Issues Closed This Week: 116
Summarized Issues:
- TensorFlow Lite Conversion Issues: Several issues have been reported regarding the conversion of models to TensorFlow Lite (TFLite), highlighting challenges such as non-converted operations, discrepancies in quantization processes, and compatibility with specific operations. Users have encountered problems with model conversion, including failures during the calibration step, runtime errors due to non-broadcastable shapes, and the need for selective builds to reduce binary size. These issues emphasize the need for improved conversion processes and support for various operations to ensure efficient and accurate model deployment.
- TensorFlow Lite Inference Performance: Users have reported significant performance discrepancies when running TensorFlow Lite models on different platforms, particularly between Android and iOS devices. Issues include slower inference times on Android compared to iOS, unexpected crashes during inference, and inefficiencies in GPU delegation policies. These performance challenges highlight the need for optimization and consistent performance across different devices and platforms.
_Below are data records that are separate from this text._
-- ===== src/Stabs/Bracket.antt =====
-- stab_binsearch of jos/kern/kdebug.c brackets the address.
use cs444_operating_systems.Base.{
  ℕ, zero, suc, ◌+◌, ◌-◌, ◌*◌, ◌/◌, ◌^◌, ◌≤◌, ◌<◌, ◌≡◌, ◌≢◌, ◌⊎◌, inl, inr, refl, true, false,
  Option, none, some, arith, leb, ltb, Bool-cases, ap, ◌∙◌,
}
use native.Mathlib.Decide.{dec_lt}
use cs444_operating_systems.Mmu.{u32}
use cs444_operating_systems.Stabs.{
  Stab, Search, earliest, judge, narrow, search_loop, finish, stab_binsearch,
}
use cs444_operating_systems.Stabs.Scan.{Matches, NoMatch, Found, earliest-Found, rightmost_lem}

-- In `[from, to)` the stabs of the type stand in the order of their addresses, none at the address
-- behind `addr`, and `j` is the last one of them up to `addr`.
pub record IsLast (stabs : ℕ → Stab) (type from to addr j : ℕ) : Type 0 where
  pub sorted :
      (i k : ℕ)
      → from ≤ i
      → i ≤ k
      → k < to
      → Matches stabs type i
      → Matches stabs type k
      → (stabs i).n_value ≤ (stabs k).n_value
  pub clear : (i : ℕ) → from ≤ i → i < to → Matches stabs type i → (stabs i).n_value ≢ addr + 1
  pub lower : from ≤ j
  pub upper : j < to
  pub match : Matches stabs type j
  pub before : (stabs j).n_value ≤ addr
  pub after : (i : ℕ) → j < i → i < to → Matches stabs type i → addr < (stabs i).n_value

module _ (stabs : ℕ → Stab) (type from to addr j : ℕ) (h : IsLast stabs type from to addr j)
    (small : addr + 1 < 2 ^ 32) where
  -- What the loop keeps.
  record Inv (s : Search) : Type 0 where
    start : from ≤ s.l
    stop : s.end ≤ to
    same : s.right ≡ s.end
    low : (i : ℕ) → from ≤ i → i < s.l → Matches stabs type i → (stabs i).n_value ≤ addr
    high : (i : ℕ) → s.end ≤ i → i < to → Matches stabs type i → addr < (stabs i).n_value
    bound : (s.end ≡ to) ⊎ Matches stabs type s.end
    left_in : from ≤ s.left
    left_at :
        (s.left ≡ from)
        ⊎ (Matches stabs type s.left × ((stabs s.left).n_value ≤ addr) × (s.left < to))
    at : (s.addr ≡ addr) ⊎ (s.addr ≡ addr + 1)
    any : (s.any_matches ≡ true) ⊎ ((s.end ≡ to) × NoMatch stabs type from s.l)

  -- A stab at the bound or behind it is not the one that is looked for.
  end-gt : (s : Search) → Inv s → j < s.end
  end-gt s v = elim (dec_lt j s.end) [
    | yes lt ↦ lt
    | no ge ↦ absurd (omega (arith, v.high j (omega arith) h.upper h.match, h.before))
  ]

  left-le : (s : Search) → Inv s → s.left ≤ j
  left-le s v = elim (dec_lt j s.left) [
    | yes lt ↦ elim v.left_at [
      | inl e ↦ absurd (omega (arith, h.lower))
      | inr (m, le, inside) ↦ absurd (omega (arith, h.after s.left lt inside m))
    ]
    | no ge ↦ omega arith
  ]

  finished :
      (s : Search)
      → Inv s
      → s.end ≤ s.l
      → finish stabs type s ≡ record { left_next = j + 1; right_next = s.end }
  finished s v over = elim v.any [
    | inr (e, none') ↦ absurd (none' j h.lower (omega (arith, end-gt s v)) h.match)
    | inl any ↦
        let lt = end-gt s v in
        let le = left-le s v in
        let same = v.same in
        let last =
          rightmost_lem stabs type (s.right - (s.left + 1)) s.right s.left j (omega arith) le
            (omega arith) (inl h.match)
            (λ i a b m. omega (
              arith,
              h.after i (omega arith) (omega (arith, v.stop)) m,
              v.low i (omega (arith, h.lower)) (omega arith) m,
            )) in
        ground (arith, any, last, same)
  ]

  abbrev measure : Search → ℕ
  measure s = (s.end - s.l) + (addr + 1 - s.addr)

  record Narrowed (s s' : Search) : Type 0 where
    keeps : Inv s'
    less : measure s' < measure s

  module _ (s : Search) (v : Inv s) (open' : s.l < s.end) (t m : ℕ) (t-end : t < s.end)
      (l-t : s.l ≤ t) where
    skipped : NoMatch stabs type s.l (t + 1) → Narrowed s (record s { l = t + 1 })
    skipped none' = record {
      keeps = record {
        start = omega (arith, v.start);
        stop = v.stop;
        same = v.same;
        low = λ i a b k. elim (dec_lt i s.l) [
          | yes lt ↦ v.low i a lt k
          | no ge ↦ absurd (none' i (omega arith) b k)
        ];
        high = v.high;
        bound = v.bound;
        left_in = v.left_in;
        left_at = v.left_at;
        at = v.at;
        any = elim v.any [
          | inl yes' ↦ inl yes'
          | inr (e, before) ↦ inr (
            e,
            λ i a b k. elim (dec_lt i s.l) [
              | yes lt ↦ before i a lt k
              | no ge ↦ none' i (omega arith) b k
            ],
          )
        ];
      };
      less = omega arith;
    }

    module _ (l-m : s.l ≤ m) (m-t : m ≤ t) (k : Matches stabs type m)
        (none' : NoMatch stabs type (m + 1) (t + 1)) where
      below :
          (stabs m).n_value < s.addr
          → Narrowed s (record s { any_matches = true; left = m; l = t + 1 })
      below lt =
          let le : (stabs m).n_value ≤ addr = omega (arith, v.at) in
          record {
            keeps = record {
              start = omega (arith, v.start);
              stop = v.stop;
              same = v.same;
              low = λ i a b q. elim (dec_lt m i) [
                | yes gt ↦ absurd (none' i (omega arith) b q)
                | no in' ↦ omega (arith, h.sorted i m a (omega arith) (omega (arith, v.stop)) q k)
              ];
              high = v.high;
              bound = v.bound;
              left_in = omega (arith, v.start);
              left_at = inr (k, le, omega (arith, v.stop));
              at = v.at;
              any = inl refl;
            };
            less = omega arith;
          }

      above :
          s.addr < (stabs m).n_value
          → Narrowed s (record s { any_matches = true; right = m; end = m })
      above lt =
          let gt : addr < (stabs m).n_value = omega (arith, v.at) in
          record {
            keeps = record {
              start = v.start;
              stop = omega (arith, v.stop);
              same = refl;
              low = v.low;
              high = λ i a b q. omega (arith, h.sorted m i (omega (arith, v.start)) a b k q);
              bound = inr k;
              left_in = v.left_in;
              left_at = v.left_at;
              at = v.at;
              any = inl refl;
            };
            less = omega arith;
          }

      hit :
          (stabs m).n_value ≡ s.addr
          → Narrowed s (record s { any_matches = true; left = m; l = m; addr = u32 (s.addr + 1) })
      hit e =
          let at : s.addr ≡ addr =
            omega (arith, v.at, h.clear m (omega (arith, v.start)) (omega (arith, v.stop)) k) in
          record {
            keeps = record {
              start = omega (arith, v.start);
              stop = v.stop;
              same = v.same;
              low = λ i a b q.
                  omega (arith, h.sorted i m a (omega arith) (omega (arith, v.stop)) q k);
              high = v.high;
              bound = v.bound;
              left_in = omega (arith, v.start);
              left_at = inr (k, omega arith, omega (arith, v.stop));
              at = inr (omega arith);
              any = inl refl;
            };
            less = omega arith;
          }

      judged : Narrowed s (judge stabs type t m s)
      judged = elim (Bool-cases (ltb (stabs m).n_value s.addr)) [
        | inl lt ↦ rw lt (below (ground arith))
        | inr ge ↦ rw ge (elim (Bool-cases (ltb s.addr (stabs m).n_value)) [
          | inl gt ↦ rw gt (above (ground arith))
          | inr le ↦ rw le (hit (ground arith))
        ])
      ]

  Found-Narrowed :
      (s : Search) (v : Inv s) (open' : s.l < s.end) (o : Option ℕ)
      → let t = (s.l + (s.end - 1)) / 2 in
        Found stabs type s.l t o
        → Narrowed s (elim o [ none ↦ record s { l = t + 1 } | some m ↦ judge stabs type t m s ])
  Found-Narrowed s v open' none f =
      skipped s v open' ((s.l + (s.end - 1)) / 2) 0 (omega arith) (omega arith) f
  Found-Narrowed s v open' (some m) (a, b, k, none') =
      judged s v open' ((s.l + (s.end - 1)) / 2) m (omega arith) (omega arith) a b k none'

  narrowed : (s : Search) → Inv s → s.l < s.end → Narrowed s (narrow stabs type s)
  unfolding narrow
  narrowed s v open' =
      let t = (s.l + (s.end - 1)) / 2 in
      Found-Narrowed s v open' (earliest stabs type (t + 1 - s.l) t)
        (earliest-Found stabs type (t + 1 - s.l) s.l t (omega arith))

  record Ended (r : Option Search) : Type 0 where
    last : Search
    ends : r ≡ some last
    keeps : Inv last
    over : last.end ≤ last.l

  loop-Ended :
      (rounds : ℕ) (s : Search)
      → Inv s
      → measure s < rounds
      → Ended (search_loop stabs type rounds s)
  unfolding search_loop
  loop-Ended zero s v lt = absurd (omega arith)
  loop-Ended (suc rounds) s v lt = elim (Bool-cases (leb s.end s.l)) [
    | inl over ↦ rw over (record { last = s; ends = refl; keeps = v; over = ground arith })
    | inr more ↦
        let n = narrowed s v (ground arith) in
        rw more (loop-Ended rounds (narrow stabs type s) n.keeps (omega (arith, n.less)))
  ]

search-finish :
    (stabs : ℕ → Stab) (type from to addr : ℕ) (s : Search)
    → search_loop stabs type
        (2 * (to - from) + 2)
        (record { l = from; end = to; left = from; right = to; addr = addr; any_matches = false })
      ≡ some s
    → stab_binsearch stabs type from to addr ≡ some (finish stabs type s)
unfolding stab_binsearch
search-finish stabs type from to addr s e = ground (arith, e)

-- stab_binsearch always returns, and brackets the address: `*region_left` is the last stab of the
-- type in the region whose address is at most `addr`, `*region_right` is the entry before the next
-- stab of the type, or the end of the region if there is none. The hypotheses: there is such a
-- stab, the stabs of the type are sorted by address, and none has the address `addr + 1`.
pub stab_binsearch-IsLast :
    (stabs : ℕ → Stab) (type from to addr j : ℕ)
    → IsLast stabs type from to addr j
    → addr + 1 < 2 ^ 32
    → (n : ℕ) × (stab_binsearch stabs type from to addr
        ≡ some (record { left_next = j + 1; right_next = n }))
      × (j < n)
      × (n ≤ to)
      × ((n ≡ to) ⊎ Matches stabs type n)
      × NoMatch stabs type (j + 1) n
stab_binsearch-IsLast stabs type from to addr j h small =
    let s : Search = record {
      l = from;
      end = to;
      left = from;
      right = to;
      addr = addr;
      any_matches = false;
    } in
    let v : Inv stabs type from to addr j h small s = record {
      start = omega arith;
      stop = omega arith;
      same = refl;
      low = λ i a b k. absurd (omega arith);
      high = λ i a b k. absurd (omega arith);
      bound = inl refl;
      left_in = omega arith;
      left_at = inl refl;
      at = inl refl;
      any = inr (refl, λ i a b k. omega arith);
    } in
    let e = loop-Ended stabs type from to addr j h small (2 * (to - from) + 2) s v (omega arith) in
    (
      e.last.end,
      search-finish stabs type from to addr e.last e.ends
          ∙ ap some (finished stabs type from to addr j h small e.last e.keeps e.over),
      end-gt stabs type from to addr j h small e.last e.keeps,
      e.keeps.stop,
      e.keeps.bound,
      λ i a b k. omega (
        arith,
        e.keeps.low i (omega (arith, h.lower)) (omega (arith, e.over)) k,
        h.after i (omega arith) (omega (arith, e.keeps.stop)) k,
      ),
    )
- TensorFlow Lite Build and Compatibility Issues: Various issues have been reported related to building TensorFlow Lite on different platforms, including Windows, macOS, and Android. Users have encountered build failures due to missing symbols, linker errors, and compatibility with specific architectures or toolchains. These challenges underscore the need for comprehensive build documentation and support for diverse development environments.
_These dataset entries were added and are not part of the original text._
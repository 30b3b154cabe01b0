-- ===== src/Stabs/Describe.antt =====
-- What debuginfo_eip of jos/kern/kdebug.c says of an address in a function.
use cs444_operating_systems.Base.{
  ℕ, zero, suc, ◌+◌, ◌-◌, ◌^◌, ◌≤◌, ◌<◌, ◌≡◌, ◌≢◌, ◌⊎◌, inl, inr, some, true, false, ◌==◌, arith,
  ap, ◌∙◌, ne→==,
}
use mathlib.Core.Path.{subst}
use native.Mathlib.Decide.{dec_lt, ℕ_discrete}
use cs444_operating_systems.Mmu.{u32}
use cs444_operating_systems.Stabs.{Stab, Region, stab_binsearch}
use cs444_operating_systems.Stabs.Scan.{Matches, NoMatch}
use cs444_operating_systems.Stabs.Bracket.{IsLast, stab_binsearch-IsLast}
use cs444_operating_systems.Stabs.Info.{
  n_fun, n_sline, n_so, n_psym, Eipdebuginfo, unknown_info, is_source, find_source, count_args,
  string_at, name_length, described, describe_line, debuginfo_eip,
}

-- `n` is the next stab of the type behind `j`, or the end of the region if there is none.
abbrev pub IsNext : (ℕ → Stab) → (type j to n : ℕ) → Type 0
IsNext stabs type j to n =
    (j < n) × (n ≤ to) × ((n ≡ to) ⊎ Matches stabs type n) × NoMatch stabs type (j + 1) n

IsNext-unique :
    (stabs : ℕ → Stab) (type j to n n' : ℕ)
    → IsNext stabs type j to n
    → IsNext stabs type j to n'
    → n ≡ n'
IsNext-unique stabs type j to n n' (a, b, c, d) (a', b', c', d') = elim (dec_lt n n') [
  | yes lt ↦ elim c [ inl e ↦ absurd (omega arith) | inr m ↦ absurd (d' n (omega arith) lt m) ]
  | no ge ↦ elim (dec_lt n' n) [
    | yes lt ↦ elim c' [ inl e ↦ absurd (omega arith) | inr m ↦ absurd (d n' (omega arith) lt m) ]
    | no ge' ↦ omega arith
  ]
]

-- The search, where its result is known.
search-IsNext :
    (stabs : ℕ → Stab) (type from to addr j n : ℕ)
    → IsLast stabs type from to addr j
    → IsNext stabs type j to n
    → addr + 1 < 2 ^ 32
    → stab_binsearch stabs type from to addr ≡ some (record { left_next = j + 1; right_next = n })
search-IsNext stabs type from to addr j n h next small =
    let (n', e, a, b, c, d) = stab_binsearch-IsLast stabs type from to addr j h small in
    let same : n' ≡ n = IsNext-unique stabs type j to n' n (a, b, c, d) next in
    e ∙ ap (λ (x : ℕ). some (record { left_next = j + 1; right_next = x })) same

-- The last stab up to `i` that names a source file is `s`.
abbrev pub IsSource : (ℕ → Stab) → (i s : ℕ) → Type 0
IsSource stabs i s =
    (s ≤ i) × (is_source stabs s ≡ true) × ((k : ℕ) → s < k → k ≤ i → is_source stabs k ≡ false)

-- There are `c` parameters from stab `i` on and before `end`.
abbrev pub AreParameters : (ℕ → Stab) → (i end c : ℕ) → Type 0
AreParameters stabs i end c =
    ((k : ℕ) → i ≤ k → k < i + c → Matches stabs n_psym k)
    × (i + c ≤ end)
    × ((i + c ≡ end) ⊎ (¬ (Matches stabs n_psym (i + c))))

find_source-IsSource :
    (stabs : ℕ → Stab) (rounds i s : ℕ)
    → IsSource stabs i s
    → i < rounds + s
    → find_source stabs rounds i ≡ some s
unfolding find_source
find_source-IsSource stabs zero i s (le, h, none') lt = absurd (omega arith)
find_source-IsSource stabs (suc rounds) i s (le, h, none') lt = elim (ℕ_discrete i s) [
  | yes e ↦ ground (arith, ap (is_source stabs) e, h, e)
  | no ne ↦ ground (
    arith,
    none' i (omega arith) (omega arith),
    find_source-IsSource stabs rounds (i - 1) s (omega arith, h, λ k a b. none' k a (omega arith))
        (omega arith),
  )
]

count_args-AreParameters :
    (stabs : ℕ → Stab) (rounds i c : ℕ)
    → AreParameters stabs i (i + rounds) c
    → count_args stabs rounds i ≡ c
unfolding count_args
count_args-AreParameters stabs zero i c (all, le, stop) = omega arith
count_args-AreParameters stabs (suc rounds) i zero (all, le, stop) = elim stop [
  | inl e ↦ absurd (omega arith)
  | inr ne ↦
      let other : ((stabs i).n_type == n_psym) ≡ false =
        ne→== (subst (λ x. (stabs x).n_type ≢ n_psym) (omega arith) ne) in
      ground (arith, other)
]
count_args-AreParameters stabs (suc rounds) i (suc c) (all, le, stop) =
    let e : i + suc c ≡ i + 1 + c = omega arith in
    let rec = count_args-AreParameters stabs rounds (i + 1) c (
      λ k a b. all k (omega arith) (omega arith),
      omega arith,
      elim stop [
        | inl end ↦ inl (omega arith)
        | inr ne ↦ inr (subst (λ (x : ℕ). ¬ (Matches stabs n_psym x)) e ne)
      ],
    ) in
    ground (arith, all i (omega arith) (omega arith), rec)

-- Stab `f` is the file's, up to `f_end`, `n` the function's, up to `n_end`, `l` the line's, and `s` the
-- last one up to the line that names a source file; there are `c` parameters, and `len` characters
-- before the colon in the function's name.
pub record Located (stabs : ℕ → Stab) (count : ℕ) (strtab : ℕ → ℕ)
    (strsize addr f f_end n n_end l l_end s c len : ℕ) : Type 0 where
  pub some_strings : 0 < strsize
  pub ended : strtab (strsize - 1) ≡ 0
  pub file : IsLast stabs n_so 0 count addr f
  pub file_next : IsNext stabs n_so f count f_end
  pub not_first : 0 < f
  pub fun : IsLast stabs n_fun f f_end addr n
  pub fun_next : IsNext stabs n_fun n f_end n_end
  pub line : IsLast stabs n_sline n n_end (addr - (stabs n).n_value) l
  pub line_next : IsNext stabs n_sline l n_end l_end
  pub source : IsSource stabs l s
  pub inside : f ≤ s
  pub parameters : AreParameters stabs (n + 1) (n_end - 1) c
  pub name :
      name_length stabs count strtab strsize (string_at stabs count strtab strsize (stabs n).n_strx)
      ≡ some len

module _ (stabs : ℕ → Stab) (count : ℕ) (strtab : ℕ → ℕ)
    (strsize addr f f_end n n_end l l_end s c len : ℕ)
    (h : Located stabs count strtab strsize addr f f_end n n_end l l_end s c len)
    (small : addr + 1 < 2 ^ 32) where
  abbrev file_region : Region
  file_region = record { left_next = f + 1; right_next = f_end }

  abbrev fun_region : Region
  fun_region = record { left_next = n + 1; right_next = n_end }

  abbrev line_region : Region
  line_region = record { left_next = l + 1; right_next = l_end }

  -- What is known of the function before the search for the line.
  abbrev fun_info : Eipdebuginfo
  fun_info = record (unknown_info addr) {
    eip_fn_name = string_at stabs count strtab strsize (stabs n).n_strx;
    eip_fn_addr = (stabs n).n_value;
  }

  abbrev pub known : Eipdebuginfo
  known = record {
    eip_file = string_at stabs count strtab strsize (stabs s).n_strx;
    eip_line = (stabs l).n_desc;
    eip_fn_name = string_at stabs count strtab strsize (stabs n).n_strx;
    eip_fn_namelen = len;
    eip_fn_addr = (stabs n).n_value;
    eip_fn_narg = c;
  }

  line-gt : n < l
  line-gt = elim (dec_lt n l) [
    | yes lt ↦ lt
    | no ge ↦
        let e : n ≡ l = omega (arith, h.line.lower) in
        absurd (omega (arith, h.fun.match, ap (λ (x : ℕ). (stabs x).n_type) e, h.line.match))
  ]

  described_lem :
      described stabs count strtab strsize file_region fun_region line_region
        (record fun_info { eip_fn_namelen = len })
      ≡ (true, known)
  described_lem =
      let source =
        find_source-IsSource stabs (l + 1 - f) l s h.source (omega (arith, h.inside, h.source)) in
      let args = count_args-AreParameters stabs (n_end - 1 - (n + 1)) (n + 1) c (
        subst (λ (x : ℕ). AreParameters stabs (n + 1) x c) (omega (arith, line-gt, h.line.upper))
          h.parameters) in
      ground (arith, source, args, line-gt, h.line.upper, h.line_next)

  describe_line_lem :
      describe_line stabs count strtab strsize file_region fun_region addr fun_info
      ≡ some (true, known)
  unfolding describe_line
  describe_line_lem =
      let search =
        search-IsNext stabs n_sline n n_end (addr - (stabs n).n_value) l l_end h.line h.line_next
          (omega arith) in
      let at : u32 (addr + 2 ^ 32 - (stabs n).n_value) ≡ addr - (stabs n).n_value =
        omega (arith, h.fun.before) in
      ground (arith, at, search, h.name, described_lem, h.fun_next)

-- debuginfo_eip of an address in a function: it returns 0, and the information is the name and the
-- start of the function, the name up to its colon, the line number, the nearest file that is named
-- at the line or before it, and the number of parameter stabs that follow the function's. The
-- hypotheses: the string table is not empty and ends with a 0; the stabs of files, those of functions
-- in the file and those of lines in the function are each sorted, one of each is at the address or
-- before it, and none of them is at the address behind it, which stab_binsearch would take for a match;
-- the file's is not the first of all stabs; from its stab on one up to the line's names a source file;
-- the function's name has an end; and the address is not the last one.
pub debuginfo_eip_locates :
    (stabs : ℕ → Stab) (count : ℕ) (strtab : ℕ → ℕ)
    (strsize addr f f_end n n_end l l_end s c len : ℕ)
    → Located stabs count strtab strsize addr f f_end n n_end l l_end s c len
    → addr + 1 < 2 ^ 32
    → debuginfo_eip stabs count strtab strsize addr
      ≡ some (
        true,
        record {
          eip_file = string_at stabs count strtab strsize (stabs s).n_strx;
          eip_line = (stabs l).n_desc;
          eip_fn_name = string_at stabs count strtab strsize (stabs n).n_strx;
          eip_fn_namelen = len;
          eip_fn_addr = (stabs n).n_value;
          eip_fn_narg = c;
        },
      )
unfolding debuginfo_eip
debuginfo_eip_locates stabs count strtab strsize addr f f_end n n_end l l_end s c len h small =
    let file = search-IsNext stabs n_so 0 count addr f f_end h.file h.file_next small in
    let fun = search-IsNext stabs n_fun f f_end addr n n_end h.fun h.fun_next small in
    let line =
      describe_line_lem stabs count strtab strsize addr f f_end n n_end l l_end s c len h small in
    ground (arith, h.some_strings, h.ended, file, h.not_first, fun, h.fun_next, line)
- TensorFlow Lite Feature Requests: Users have submitted feature requests to enhance TensorFlow Lite's capabilities, such as supporting new data types, improving delegate support, and enabling dynamic shapes. These requests aim to expand TensorFlow Lite's functionality to better accommodate diverse use cases and improve model performance and compatibility across different platforms.
- TensorFlow Lite Runtime Errors and Crashes: Several issues have been reported regarding runtime errors and crashes when using TensorFlow Lite, often related to specific operations or delegates. Users have experienced segmentation faults, null pointer dereferences, and memory leaks, which can hinder model deployment and require debugging and resolution to ensure stable and reliable inference.